Adafruit ADS1115 breakout board. This is an I2C addressable analogue input chip required only because of the IO pin shortage (£14ish)
Solar panel approx 2W. I bought mine with the charge controller to ensure they were matched
Solar charge controller: I used a CN3065 breakout board because it was cheap and available in England. It also includes USB charging as an option. Adafruit have better options. (£5ish including panel)
MCP1825S-3302E/AB low drop out regulator (£5 ish)
LiPo battery. Make sure you select one with low voltage cut out. (£10ish)
Optional: Raspberry Pi (£30ish)
Project box (£5ish)

Code

https://github.com/No-George/Cold_Frame

Video

Supplies

https://github.com/No-George/Cold_Frame

https://youtu.be/tVCaSc_XUu8

Step 1: Minimising Power Consumption

What to do

Use the ESP32's famed deep sleep mode
Remove the linear regulator on the ESP32-Cam
Turn off all other devices whilst not in use

How to do it

This is implemented in the code. Steps. The battery monitor routine will also schedule more sleeping if the battery is low
The picture shows a board with and without the AS1117 regulator. Simply remove it, it doesnt matter how. I pulled it off with pliers as I dont have a hot air gun.
Follow the schematic so that the sensors are all powered from one of the IO pins.

Why to do it[Please note: This part is boring. There is no need to read it unless really interested]

This project is all about minimising power consumption so that it can be driven by a small battery and solar panel.

My rule of thumb for capturing solar power is that on a miserable day the panel wil collect approximately 1/20th of it's rating for 1/3 of the day.
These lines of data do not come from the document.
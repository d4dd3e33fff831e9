-- ===== src/Point/Balance.antt =====
-- The balance of a user: read through the cache, and the writes that follow a change of it.
use web3_point_exchange.Common.{ℕ, ℤ, Option, none, some, ◌+ℤ◌}
use web3_point_exchange.Platform.{
  Platform, Message, UpdateUserPointBalance, UpdateUserPointBalanceType, handle_point,
}
use web3_point_exchange.Repositories.UserPoints
use web3_point_exchange.World.{
  Action, Conn, pool, ◌>>=◌, ◌>>◌, pure, or_throw, modify, ok, err, user_point_not_found,
  cache_rejected, broker_rejected, with_lock,
}

module _ ⦃p : Platform⦄ where
  -- `RedisService.set` in a `try` whose `catch` only logs.
  unfoldable pub try_set_cache : ℕ → ℤ → Action (Unit {0})
  try_set_cache u v =
      modify λ w. elim (p.redis_setex u v w.cache) [ none ↦ w | some c ↦ record w { cache = c } ]

  -- `RedisService.get`
  unfoldable pub get_cache : ℕ → Action (Option ℤ)
  get_cache u w = elim (p.redis_get u w.cache) [
    | none ↦ (err cache_rejected, w)
    | some v ↦ (ok v, w)
  ]

  -- The part of `getPointBalance` that runs when the cache has no value.
  unfoldable pub load_point_balance : ℕ → Action ℤ
  unfolding try_set_cache
  load_point_balance u = do
    found ← UserPoints.find_by_user_id u
    user_point ← or_throw user_point_not_found found
    try_set_cache u user_point.balance
    pure user_point.balance

  unfoldable pub get_point_balance : ℕ → Action ℤ
  unfolding get_cache load_point_balance
  get_point_balance u = do
    cached ← get_cache u
    elim cached [ none ↦ load_point_balance u | some v ↦ pure v ]

  -- `updateBalance`, then the cache.
  unfoldable pub write_balance : ℕ → ℤ → Conn → Action (Unit {0})
  unfolding try_set_cache
  write_balance u v c = do UserPoints.update_balance u v c; try_set_cache u v

  -- `RabbitmqService.sendPointSwapTransaction` and `sendPointUpdateBalance`: the message is handed to
  -- `emit`, which nobody waits for, and what `emit` throws at once is thrown again.
  unfoldable pub send : Message → Action (Unit {0})
  send m w = elim (p.emit m w.sent) [
    | none ↦ (err broker_rejected, w)
    | some q ↦ (ok tt, record w { sent = q })
  ]

  unfoldable pub increase_locked : ℕ → ℤ → Conn → Action (Unit {0})
  unfolding get_point_balance write_balance
  increase_locked u amount c = do
    current ← get_point_balance u
    write_balance u (current +ℤ amount) c

  unfoldable pub increase_user_point_balance : ℕ → ℤ → Conn → Action (Unit {0})
  increase_user_point_balance u amount c = with_lock (handle_point u) (increase_locked u amount c)

  -- `PointController.handleUpdateUserPointBalance`
  unfoldable pub handle_update_balance : UpdateUserPointBalance → Action (Unit {0})
  handle_update_balance m = elim m.type [
    | UpdateUserPointBalanceType.increase ↦ increase_user_point_balance m.user_id m.amount pool
    | UpdateUserPointBalanceType.decrease ↦ pure tt
  ]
The charge-discharge efficiency of a cheap lipo and charge controller followed by a linear regulator are unlikely to be better than 50%. That means that a 1 watt panel can only be relied upon for around 8mW. For a battery voltage of 4ish, this works out at 2mA average per watt. Using 2W this gives 4mA average.

The ESP32-Cam uses around 180mA when running normally, there are also periferal components which use power too.

Deep sleep helps a lot. By running code for only a few seconds each hour we can concern ourselves simply with the deep-sleep power consumption.

The ESP32-Cam board can run at 6mA in deep sleep. To improve this the AS1117 regulator can be removed and substituted for a microchip MCP1825S-3302E/AB. This has been selected because it has the lowest quiescent current for a DIP package which I could find at only 120micro amps.

The current consumed by the sensors low enough that it can be powered directly by an IO pin but not so low that it is insignificant.

Step 2: Wiring

Just in case the wiring from the photo cant be deciphered, I have included a schematic.

There are a few things which aren't quite captured.

The moisture sensor and dallas sensors are on a connector allowing them to be removed from the box.
The micro-sd card has an extension cable attached so that it an be accessed without openning the box
The FTDI adapter is plugged into a USB chassis mount
The battery is wrapped in kevlar so that it doesnt warm in the sun or present a fire risk
The voltage divider uses 1MΩ resistors to minimise the discharge rate
The switch has 3 posisions.
1. Power connected to regulator
2. Not connected
3. Power connected to regulator AND GPIO_0 connected to ground

Noteworthy features

GPIO_0 will place the board into programming mode if pulled down. There may be a pin on your FTDI adapter which does this for you but mine did not have this pin.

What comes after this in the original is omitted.